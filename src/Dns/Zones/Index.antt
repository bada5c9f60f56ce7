-- ===== src/Dns/Zones/Index.antt =====
-- The record index that internal/dns/zones.go builds from the rows of a zone, and the reload.
use lamund.Prelude.{
  ℕ, ◌≡◌, refl, ◌⊎◌, inl, inr, Bool, true, false, ◌&&◌, Option, none, some, List, ◌==◌, Bytes, beq,
}
use lamund.Dns.Types.{NameLib, DnsZone, DnsRecord, DnsSettings}
use lamund.Dns.Zones.{Snapshot, owner_fqdn, build_snapshot, reload}

module _ (lib : NameLib) (apex : Bytes) (id : ℕ) where
  -- The rows of the zone that belong to a name.
  abbrev pub belongs : Bytes → DnsRecord → Bool
  belongs name r = r.zone_id == id && beq (owner_fqdn lib apex r.name) name

-- A reload that cannot read the store keeps the snapshot and reports an error; any other reports
-- none and serves what was read.
pub reload_lem :
    (lib : NameLib) (read : Option (List DnsZone × List DnsRecord × DnsSettings)) (snap : Snapshot)
    → (((reload lib read snap).1 ≡ true) × ((reload lib read snap).0 ≡ snap) × (read ≡ none))
      ⊎ (((reload lib read snap).1 ≡ false)
          × (build_snapshot lib read ≡ some (reload lib read snap).0))
unfolding reload
reload_lem lib none snap = inl (refl, refl, refl)
reload_lem lib (some (zones, recs, settings)) snap = inr (refl, refl)
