-- ===== src/Domain/Rules.antt =====
-- The host names that internal/store/domain.go accepts, described without the code's loops.
use lamund.Prelude.{
  ℕ, ◌≤◌, ◌≡◌, ◌≢◌, ◌↔◌, ◌⊎◌, inl, inr, refl, sym, false, none, List, [], ◌∷◌, arith, Bytes, codes,
  contains, has_prefix, split, join, Lacks, split-join, join-split, length, All, All-append,
  Option-cases,
}
use lamund.Domain.{first_is, last_is, check_chars, check_label, check_labels, validate_domain}

-- A lower-case letter, a digit or a hyphen.
abbrev pub IsLdh : ℕ → Type 0
IsLdh c = ((b'a' ≤ c) × (c ≤ b'z')) ⊎ (((b'0' ≤ c) × (c ≤ b'9')) ⊎ (c ≡ b'-'))

-- A label of RFC 1123.
pub record IsLabel (l : Bytes) : Type 0 where
  pub nonempty : 1 ≤ length l
  pub short : length l ≤ 63
  pub start : first_is b'-' l ≡ false
  pub finish : last_is b'-' l ≡ false
  pub chars : All IsLdh l

-- At least two labels, joined by dots, of 253 bytes at most.
pub record IsDomain (d : Bytes) : Type 0 where
  pub labels : List Bytes
  pub two : 2 ≤ length labels
  pub valid : All IsLabel labels
  pub joined : d ≡ join b'.' labels
  pub nonempty : 1 ≤ length d
  pub short : length d ≤ 253

check_chars_sound : (s : Bytes) → check_chars s ≡ none → All IsLdh s
unfolding check_chars
check_chars_sound [] h = tt
check_chars_sound (c ∷ s) h = ground (arith, check_chars_sound s)

check_chars_complete : (s : Bytes) → All IsLdh s → check_chars s ≡ none
unfolding check_chars
check_chars_complete [] h = refl
check_chars_complete (c ∷ s) h = ground (arith, check_chars_complete s h.1)

check_label_sound : (l : Bytes) → check_label l ≡ none → IsLabel l
unfolding check_label
check_label_sound l h = ground (arith, check_chars_sound l)

check_label_complete : (l : Bytes) → IsLabel l → check_label l ≡ none
unfolding check_label
check_label_complete l v = ground (arith, check_chars_complete l v.chars)

check_labels_sound : (ls : List Bytes) → check_labels ls ≡ none → All IsLabel ls
unfolding check_labels
check_labels_sound [] h = tt
check_labels_sound (l ∷ ls) h = elim (Option-cases (check_label l)) [
  | inl good ↦ (check_label_sound l good, check_labels_sound ls (rw good at h))
  | inr (e, bad) ↦ cc (bad)
]

check_labels_complete : (ls : List Bytes) → All IsLabel ls → check_labels ls ≡ none
unfolding check_labels
check_labels_complete [] h = refl
check_labels_complete (l ∷ ls) h =
    ground (arith, check_label_complete l h.0, check_labels_complete ls h.1)

-- A host name has no asterisk, and no label has a dot.
abbrev pub IsPlain : ℕ → Type 0
IsPlain c = (c ≢ b'*') × (c ≢ b'/')

IsPlain-label : (l : Bytes) → All IsLdh l → All IsPlain l
IsPlain-label [] h = tt
IsPlain-label (c ∷ s) h = (grind arith, IsPlain-label s h.1)

Lacks-label : (l : Bytes) → All IsLdh l → Lacks b'.' l
Lacks-label [] h = tt
Lacks-label (c ∷ s) h = (grind arith, Lacks-label s h.1)

Lacks-labels : (ls : List Bytes) → All IsLabel ls → All (Lacks b'.') ls
Lacks-labels [] h = tt
Lacks-labels (l ∷ ls) h = (Lacks-label l h.0.chars, Lacks-labels ls h.1)

IsPlain-join : (ls : List Bytes) → All IsLabel ls → All IsPlain (join b'.' ls)
unfolding join
IsPlain-join [] h = tt
IsPlain-join (l ∷ []) h = IsPlain-label l h.0.chars
IsPlain-join (l ∷ m ∷ ls) h =
    All-append IsPlain l _ (IsPlain-label l h.0.chars)
      ((omega arith, omega arith), IsPlain-join (m ∷ ls) h.1)

contains-star : (s : Bytes) → All IsPlain s → contains s (codes "*") ≡ false
unfolding contains has_prefix
contains-star [] h = refl
contains-star (c ∷ s) h = ground (arith, contains-star s h.1)

ne-nil_of_two : (ls : List Bytes) → 2 ≤ length ls → ls ≢ []
ne-nil_of_two [] h = absurd (omega arith)
ne-nil_of_two (l ∷ ls) h = cc

validate_domain_sound : (d : Bytes) → validate_domain d ≡ none → IsDomain d
unfolding validate_domain
validate_domain_sound d h = record {
  labels = split b'.' d;
  two = ground arith;
  valid = check_labels_sound (split b'.' d) (ground arith);
  joined = sym (join-split b'.' d);
  nonempty = ground arith;
  short = ground arith;
}

validate_domain_complete : (d : Bytes) → IsDomain d → validate_domain d ≡ none
unfolding validate_domain
validate_domain_complete d v =
    let parts : split b'.' d ≡ v.labels =
      rw v.joined
        (split-join b'.' v.labels (ne-nil_of_two v.labels v.two) (Lacks-labels v.labels v.valid)) in
    let plain : contains d (codes "*") ≡ false =
      rw v.joined (contains-star _ (IsPlain-join v.labels v.valid)) in
    ground (arith, parts, plain, check_labels_complete v.labels v.valid)

-- An accepted host name has no slash and no asterisk.
pub validate_domain-IsPlain : (d : Bytes) → validate_domain d ≡ none → All IsPlain d
validate_domain-IsPlain d h =
    let v = validate_domain_sound d h in rw v.joined (IsPlain-join v.labels v.valid)

-- `validate_domain` accepts exactly the host names.
pub validate_domain_iff : (d : Bytes) → (validate_domain d ≡ none) ↔ IsDomain d
validate_domain_iff d = (validate_domain_sound d, validate_domain_complete d)
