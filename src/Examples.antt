-- ===== src/Examples.antt =====
-- Concrete runs of the models, one module for each part of the program.
pub mod Domain
pub mod Site
pub mod Vhost
pub mod Dns
pub mod Search
pub mod Supervisor
pub mod Toy
pub mod Access
pub mod Login
pub mod Quota
pub mod Tables
pub mod Store
pub mod Api
pub mod Teams
pub mod Sites
pub mod Users
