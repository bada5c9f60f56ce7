-- ===== src/Store/Sites/Runs.antt =====
-- Any calls on sites, in any order and whatever the engine refuses.
use lamund.Store.Sites.{
  insert_alias, is_taken, clean_domain, with_owner, insert_site, is_alias, delete_site_domain,
  add_site_domain, update_site, SiteChange, create_site, delete_site_row, delete_aliases_of,
  delete_site,
}
use lamund.Prelude.{
  ℕ, suc, ◌≡◌, inl, inr, Bool, false, ◌||◌, Option, none, some, List, [], ◌∷◌, arith, ◌==◌,
  if◌then◌else◌, Bool-cases, if-both, Bytes, beq, length, select,
}
use lamund.Domain.{DomainError, validate_domain}
use lamund.Store.Conn.{
  registered, Conn, Result, ok, err, exec, query, raise, pure, ◌>>=◌, ◌>>◌, bound,
}
use lamund.Store.Conn.Transaction.{
  Closed, Closed-keeps, chain-keeps, begin-Closed, Closed-exec, commit-Closed_last, Change, chain,
}
use lamund.Store.Tables.{Tables, Site}
use lamund.Store.Zones.{Store, some_row, checked}
use lamund.Store.Sites.Disjoint.{
  insert_site-IsDisjoint, insert_alias-IsDisjoint, update-IsDisjoint, keep_aliases-IsDisjoint,
  delete_site_row-IsDisjoint, IsDisjoint,
}

-- The calls that change sites or their aliases.
pub data SiteCall : Type 0 where
  create_one : Site → SiteCall
  delete_one : Bytes → SiteCall
  update_one : Bytes → SiteChange → SiteCall
  add_alias delete_alias : ℕ → Bytes → SiteCall

unfoldable pub call_site : SiteCall → Store Unit
call_site (create_one s) = create_site s >>= λ _. pure tt
call_site (delete_one domain) = delete_site domain
call_site (update_one domain change) = update_site domain change
call_site (add_alias site_id domain) = add_site_domain site_id domain
call_site (delete_alias site_id domain) = delete_site_domain site_id domain

-- The connection after the calls, whatever they returned.
unfoldable pub run_sites : List SiteCall → Conn Tables → Conn Tables
run_sites [] c = c
run_sites (call ∷ calls) c = run_sites calls (call_site call c).1

abbrev Kept : Conn Tables → Type 0
Kept c = (c.undo ≡ none) × IsDisjoint c.db

-- A statement that keeps the tables well formed.
exec-Kept :
    {A : Type 0} (g : Tables → Result A × Tables) (c : Conn Tables)
    → Kept c
    → IsDisjoint (g c.db).1
    → Kept (exec g c).1
unfolding exec
exec-Kept g c h k = elim (Bool-cases (c.faults c.clock)) [ inl e ↦ rw e h | inr e ↦ rw e (h.0, k) ]

-- A statement behind a query that must find nothing.
guarded-Kept :
    {A : Type 0} (taken : Tables → Bool) (g : Tables → Result A × Tables) (c : Conn Tables)
    → Kept c
    → (taken c.db ≡ false → IsDisjoint (g c.db).1)
    → Kept ((query taken >>= λ b. if b then raise registered else exec g) c).1
unfolding query
guarded-Kept taken g c h k = elim (Bool-cases (c.faults c.clock)) [
  | inl f ↦ rw f h
  | inr f ↦ elim (Bool-cases (taken c.db)) [
    | inl t ↦ rw (f, t) h
    | inr t ↦ rw (f, t) (exec-Kept g (record c { clock = suc c.clock }) h (k t))
  ]
]

checked-Kept :
    {A : Type 0} (o : Option DomainError) (m : Store A) (c : Conn Tables)
    → Kept c
    → Kept (m c).1
    → Kept ((checked o >> m) c).1
checked-Kept none m c h k = k
checked-Kept (some e) m c h k = h

ignored-Kept :
    {A : Type 0} (out : Result A × Conn Tables) → Kept out.1 → Kept (bound (λ _. pure tt) out).1
ignored-Kept (ok a, c) h = h
ignored-Kept (err e, c) h = h

abbrev removed : Bytes → Change Tables Unit
removed domain db =
    chain (λ _ d. chain (λ _ d'. (ok tt, d')) (some_row (delete_site_row domain d)))
      (delete_aliases_of domain db)

delete_site-Closed :
    (domain : Bytes) (c : Conn Tables)
    → c.undo ≡ none
    → Closed c.db (removed domain c.db) c (delete_site domain c)
unfolding delete_site
delete_site-Closed domain c h = begin-Closed (removed domain) _ c h (λ c1 h1.
    Closed-exec c.db (delete_aliases_of domain) _ _ c1 h1 (λ _ c2 h2.
      Closed-exec c.db (λ db. some_row (delete_site_row domain db)) _ _ c2 h2
        (λ _ c3 h3. commit-Closed_last c.db c3 h3)))

some_row-IsDisjoint : (s : Result ℕ × Tables) → IsDisjoint s.1 → IsDisjoint (some_row s).1
unfolding some_row
some_row-IsDisjoint (ok n, db) h = elim (Bool-cases (n == 0)) [ inl e ↦ rw e h | inr e ↦ rw e h ]
some_row-IsDisjoint (err e, db) h = h

removed-IsDisjoint :
    (domain : Bytes) (db : Tables) → IsDisjoint db → IsDisjoint (removed domain db).1
unfolding delete_aliases_of
removed-IsDisjoint domain db h =
    let d = (delete_aliases_of domain db).1 in
    chain-keeps IsDisjoint _ (some_row (delete_site_row domain d))
      (some_row-IsDisjoint (delete_site_row domain d)
        (delete_site_row-IsDisjoint domain d (keep_aliases-IsDisjoint _ db h)))
      (λ _ d' k. k)

or-left : (a b : Bool) → (a || b) ≡ false → a ≡ false
or-left a b h = ground arith

call_site-Kept : (call : SiteCall) (c : Conn Tables) → Kept c → Kept (call_site call c).1
unfolding with_owner call_site create_site add_site_domain update_site delete_site_domain
call_site-Kept (create_one s) c h = ignored-Kept (create_site s c) (
    checked-Kept (validate_domain s.domain) _ c h (
      guarded-Kept (is_alias s.domain) (insert_site (with_owner s)) c h
        (λ free. insert_site-IsDisjoint (with_owner s) c.db free h.1)))
call_site-Kept (delete_one domain) c h =
    let closed = delete_site-Closed domain c h.0 in
    (
      closed.1,
      Closed-keeps IsDisjoint c.db (removed domain c.db) c (delete_site domain c) h.1
          (removed-IsDisjoint domain c.db h.1) closed,
    )
call_site-Kept (update_one domain change) c h = exec-Kept _ c h (
    if-both (λ (s : Result Unit × Tables). IsDisjoint s.1)
      (length (select (λ s. beq s.domain domain) c.db.sites) == 0) _ _ (λ _. h.1)
      (λ _. update-IsDisjoint domain change c.db h.1))
call_site-Kept (add_alias site_id domain) c h =
    checked-Kept (validate_domain (clean_domain domain)) _ c h (
      guarded-Kept (is_taken (clean_domain domain)) (insert_alias site_id (clean_domain domain)) c h
        (λ free. insert_alias-IsDisjoint site_id (clean_domain domain) c.db (or-left _ _ free) h.1))
call_site-Kept (delete_alias site_id domain) c h =
    exec-Kept _ c h (keep_aliases-IsDisjoint _ c.db h.1)

-- From tables in which no name belongs to two sites, as their domain or as an alias, and no open
-- transaction, any calls lead to such tables and no open transaction, one call after the other and
-- whichever statements the engine refuses.
pub run_sites-IsDisjoint :
    (calls : List SiteCall) (c : Conn Tables)
    → c.undo ≡ none
    → IsDisjoint c.db
    → ((run_sites calls c).undo ≡ none) × IsDisjoint (run_sites calls c).db
unfolding run_sites
run_sites-IsDisjoint [] c h k = (h, k)
run_sites-IsDisjoint (call ∷ calls) c h k =
    let (h', k') = call_site-Kept call c (h, k) in
    run_sites-IsDisjoint calls (call_site call c).1 h' k'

# ASSIGNMENT:
Copy word for word the stretch of entries above from the line that has "Lacks-labels [] h = tt" through the line that has "ne-nil_of_two [] h = absurd (omega arith)", both ends included, and nothing outside it.

# EXERCISE RESULT:
Lacks-labels [] h = tt
Lacks-labels (l ∷ ls) h = (Lacks-label l h.0.chars, Lacks-labels ls h.1)

IsPlain-join : (ls : List Bytes) → All IsLabel ls → All IsPlain (join b'.' ls)
unfolding join
IsPlain-join [] h = tt
IsPlain-join (l ∷ []) h = IsPlain-label l h.0.chars
IsPlain-join (l ∷ m ∷ ls) h =
    All-append IsPlain l _ (IsPlain-label l h.0.chars)
      ((omega arith, omega arith), IsPlain-join (m ∷ ls) h.1)

contains-star : (s : Bytes) → All IsPlain s → contains s (codes "*") ≡ false
unfolding contains has_prefix
contains-star [] h = refl
contains-star (c ∷ s) h = ground (arith, contains-star s h.1)

ne-nil_of_two : (ls : List Bytes) → 2 ≤ length ls → ls ≢ []
ne-nil_of_two [] h = absurd (omega arith)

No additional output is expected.